Neste sentido, ela avalia a necessidade de revisão das escusas absolutórias previstas no Código Penal para dar eficácia ao texto constitucional e infraconstitucional vigente, “e para garantir as transformações sociais advindas do reconhecimento de direitos da mulher em situações de violência patrimonial”.
Vulnerabilidade
Angelis Lopes Briseno destaca que as mulheres sofrem as consequências patrimoniais e psicológicas há anos e manter a isenção penal em vigor em casos de mulheres em situação de vulnerabilidade geram riscos sociais e jurídicos.
Entre os riscos individualizados, ela cita a impunidade estruturante. “Como existe a imunidade, a escusa bloqueia a persecução penal (investigação, denúncia e eventual condenação) de furtos, apropriações indébitas, estelionatos e outros crimes patrimoniais praticados sem grave ameaça ou violência contra mulheres não idosas por parceiros ou familiares, perpetuando ciclos de violência.”
Outro risco, acrescenta Angelis, é a proteção deficiente do Estado. “Ao retirar a via penal, o Estado falha em oferecer resposta proporcional e dissuasória, configurando violação aos deveres constitucionais de proteção e igualdade de gênero, em face da proteção deficiente.”
“Há ainda o reforço de padrões machistas e de controle econômico, pois a incidência da escusa absolutória em crimes patrimoniais mantém instrumentos de dominação econômica (retenção, subtração ou dilapidação de bens) usados para submeter mulheres, reproduzindo estruturas históricas de subordinação. Além disso, há o descumprimento de obrigações internacionais: a tolerância normativa a agressões patrimoniais domésticas colide com o dever, imposto pela Convenção de Belém do Pará, de tutela de direitos fundamentais”, elenca.
Responsabilização
A advogada Angelis Lopes Briseno comenta os efeitos práticos esperados na responsabilização penal em casos semelhantes caso a ação seja julgada procedente pelo STF. Entre eles, “a superação imediata da barreira à persecução penal, com a deflagração de inquéritos policiais e posterior oferecimento de denúncia pela prática de crimes patrimoniais antes cobertos pela escusa, viabilizando responsabilização penal efetiva”.

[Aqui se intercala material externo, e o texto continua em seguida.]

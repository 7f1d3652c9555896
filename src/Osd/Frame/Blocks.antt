-- ===== src/Osd/Frame/Blocks.antt =====
-- What the copying loops of `addOsd` write.
use jrtplib4android.Prelude.{
  ℕ, zero, suc, ◌+◌, ◌*◌, ◌-◌, ◌/◌, ◌%◌, ◌≤◌, ◌<◌, ◌≡◌, refl, sym, ap, ◌∙◌, some, List, arith,
  get_elem?, length, set, length-set, get_elem?-set_self, get_elem?-set_ne,
}
use jrtplib4android.Prelude.Bytes.{put-in, get_elem?-in}
use jrtplib4android.Osd.Frame.Fills.{Fills, walk_all, flatten_points, flatten_pairs}
use jrtplib4android.Osd.Frame.{walk, copy_point, copy_pair, copy_points, copy_pairs}

module _ (src : List ℕ) where
  -- One byte, and one pair of bytes.
  point-Fills :
      (i k : ℕ) (d : List ℕ)
      → i < length src
      → k + 1 ≤ length d
      → (e : List ℕ) × (copy_point src i k d ≡ some e) × Fills 1 1 k (λ r c. get_elem? src i) d e
  unfolding copy_point
  point-Fills i k d there room =
      let (v, found) = get_elem?-in src i there in
      (
        set d k v,
        rw (found, put-in d k v (omega arith)),
        record {
          same_size = length-set d k v;
          inside = λ r c hr hc.
              let e : k + r * 1 + c ≡ k = omega arith in
              rw (e, found) (get_elem?-set_self d k v (omega arith));
          outside = λ q h. get_elem?-set_ne d v (λ e. ground arith);
        },
      )

  pair_inside :
      (i k r c : ℕ) (e : List ℕ)
      → get_elem? e k ≡ get_elem? src (i + 1)
      → get_elem? e (k + 1) ≡ get_elem? src i
      → r < 1
      → c < 2
      → get_elem? e (k + r * 2 + c) ≡ get_elem? src (i + 1 - c)
  pair_inside i k r zero e first second hr hc =
      let p : k + r * 2 + 0 ≡ k = omega arith in
      let q : i + 1 ≡ i + 1 - 0 = omega arith in
      ap (λ n. get_elem? e n) p ∙ (first ∙ ap (λ n. get_elem? src n) q)
  pair_inside i k r (suc c) e first second hr hc =
      let p : k + r * 2 + suc c ≡ k + 1 = omega arith in
      let q : i ≡ i + 1 - suc c = omega arith in
      ap (λ n. get_elem? e n) p ∙ (second ∙ ap (λ n. get_elem? src n) q)

  pair-Fills :
      (i k : ℕ) (d : List ℕ)
      → i + 1 < length src
      → k + 2 ≤ length d
      → (e : List ℕ) × (copy_pair src i k d ≡ some e)
        × Fills 1 2 k (λ r c. get_elem? src (i + 1 - c)) d e
  unfolding copy_pair
  pair-Fills i k d there room =
      let (v, found) = get_elem?-in src (i + 1) there in
      let (u, found_u) = get_elem?-in src i (omega arith) in
      let half : List ℕ = set d k v in
      let e : List ℕ = set half (k + 1) u in
      let size : length half ≡ length d = length-set d k v in
      let at_k : get_elem? e k ≡ some v =
        get_elem?-set_ne half u (λ q. ground arith) ∙ get_elem?-set_self d k v (omega arith) in
      let at_next : get_elem? e (k + 1) ≡ some u =
        get_elem?-set_self half (k + 1) u (omega arith) in
      (
        e,
        rw (found, put-in d k v (omega arith), found_u, put-in half (k + 1) u (omega arith)),
        record {
          same_size = length-set half (k + 1) u ∙ size;
          inside =
              λ r c hr hc. pair_inside i k r c e (at_k ∙ sym found) (at_next ∙ sym found_u) hr hc;
          outside = λ q h.
              get_elem?-set_ne half u (λ e. ground arith)
              ∙ get_elem?-set_ne d v (λ e. ground arith);
        },
      )

-- What a pair of the chroma loops leaves.
pub Fills-pair :
    (src : List ℕ) (index : ℕ → ℕ → ℕ) (rows n k : ℕ) (before after : List ℕ)
    → Fills rows (2 * n) k (λ r c. get_elem? src (index r (c / 2) + 1 - c % 2)) before after
    → (r t : ℕ) → r < rows
    → t < n
    → (get_elem? after (k + r * (2 * n) + 2 * t) ≡ get_elem? src (index r t + 1))
      × (get_elem? after (k + r * (2 * n) + 2 * t + 1) ≡ get_elem? src (index r t))
Fills-pair src index rows n k before after f r t hr ht = (
  let p : 2 * t / 2 ≡ t = omega arith in
      let q : index r t + 1 - 2 * t % 2 ≡ index r t + 1 = omega arith in
      f.inside r (2 * t) hr (omega arith)
      ∙ (ap (λ s. get_elem? src (index r s + 1 - 2 * t % 2)) p ∙ ap (λ i. get_elem? src i) q),
  let o : k + r * (2 * n) + 2 * t + 1 ≡ k + r * (2 * n) + (2 * t + 1) = omega arith in
      let p : (2 * t + 1) / 2 ≡ t = omega arith in
      let q : index r t + 1 - (2 * t + 1) % 2 ≡ index r t = omega arith in
      ap (λ i. get_elem? after i) o
      ∙ (f.inside r (2 * t + 1) hr (omega arith)
          ∙ (ap (λ s. get_elem? src (index r s + 1 - (2 * t + 1) % 2)) p
              ∙ ap (λ i. get_elem? src i) q)),
)

module _ (src : List ℕ) (index : ℕ → ℕ → ℕ) (rows n k : ℕ) (dest : List ℕ) where
  -- The luma loops, and the chroma loops, if they read within the source and write within the
  -- destination.
  pub copy_points-Fills :
      ((r t : ℕ) → r < rows → t < n → index r t < length src)
      → k + rows * n ≤ length dest
      → (e : List ℕ) × (copy_points src index rows n k dest ≡ some e)
        × Fills rows n k (λ r t. get_elem? src (index r t)) dest e
  unfolding copy_points
  copy_points-Fills there room =
      walk_all n (λ r. walk 1 (λ t. copy_point src (index r t)) n 0)
        (λ r t. get_elem? src (index r t)) rows k (length dest) row dest room refl
    where
      row :
          (r at : ℕ) (d : List ℕ)
          → r < rows
          → at + n ≤ length dest
          → length d ≡ length dest
          → (e : List ℕ) × (walk 1 (λ t. copy_point src (index r t)) n 0 at d ≡ some e)
            × Fills 1 n at (λ i t. get_elem? src (index r t)) d e
      row r at d hr fits all =
          let (e, ran, filled) =
            walk_all 1 (λ t. copy_point src (index r t)) (λ t c. get_elem? src (index r t)) n at
              (length dest)
              (λ t m d ht room size.
                point-Fills src (index r t) m d (there r t hr ht) (omega arith))
              d (omega arith) all in
          (e, ran, flatten_points n at (λ t. get_elem? src (index r t)) d e filled)

  pub copy_pairs-Fills :
      ((r t : ℕ) → r < rows → t < n → index r t + 1 < length src)
      → k + rows * (2 * n) ≤ length dest
      → (e : List ℕ) × (copy_pairs src index rows n k dest ≡ some e)
        × Fills rows (2 * n) k (λ r c. get_elem? src (index r (c / 2) + 1 - c % 2)) dest e
  unfolding copy_pairs
  copy_pairs-Fills there room =
      walk_all (2 * n) (λ r. walk 2 (λ t. copy_pair src (index r t)) n 0)
        (λ r c. get_elem? src (index r (c / 2) + 1 - c % 2)) rows k (length dest) row dest room refl
    where
      row :
          (r at : ℕ) (d : List ℕ)
          → r < rows
          → at + 2 * n ≤ length dest
          → length d ≡ length dest
          → (e : List ℕ) × (walk 2 (λ t. copy_pair src (index r t)) n 0 at d ≡ some e)
            × Fills 1 (2 * n) at (λ i c. get_elem? src (index r (c / 2) + 1 - c % 2)) d e
      row r at d hr fits all =
          let (e, ran, filled) =
            walk_all 2 (λ t. copy_pair src (index r t)) (λ t c. get_elem? src (index r t + 1 - c)) n
              at (length dest)
              (λ t m d ht room size. pair-Fills src (index r t) m d (there r t hr ht) (omega arith))
              d (omega arith) all in
          (e, ran, flatten_pairs n at (λ t c. get_elem? src (index r t + 1 - c)) d e filled)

Angelis também cita a uniformização nacional da interpretação. “Como decisão em controle concentrado, o entendimento terá eficácia ‘erga omnes’ e efeito vinculante, eliminando divergências que levam à impunidade.”
Outro efeito, segundo ela, é o fortalecimento da rede protetiva da Lei Maria da Penha. “A esfera penal passará a integrar de modo coerente as medidas protetivas civis e de urgência, compondo resposta integral às múltiplas formas de violência, especialmente a patrimonial.”
Há ainda o reforço dos princípios constitucionais de igualdade e dignidade nas relações familiares, acrescenta a advogada. Com a retirada do manto de impunidade, ela afirma: “Laços familiares passam a não legitimar agressões econômicas contra mulheres, alinhando o Código Penal aos arts. 1º, III, 5º, I, e 226, §§ 5º e 8º da CF”.
Por fim, a especialista reconhece que adequar a legislação à Convenção de Belém do Pará e à Lei Maria da Penha (11.340/2006) reduz o risco de novas condenações ou responsabilizações no sistema interamericano.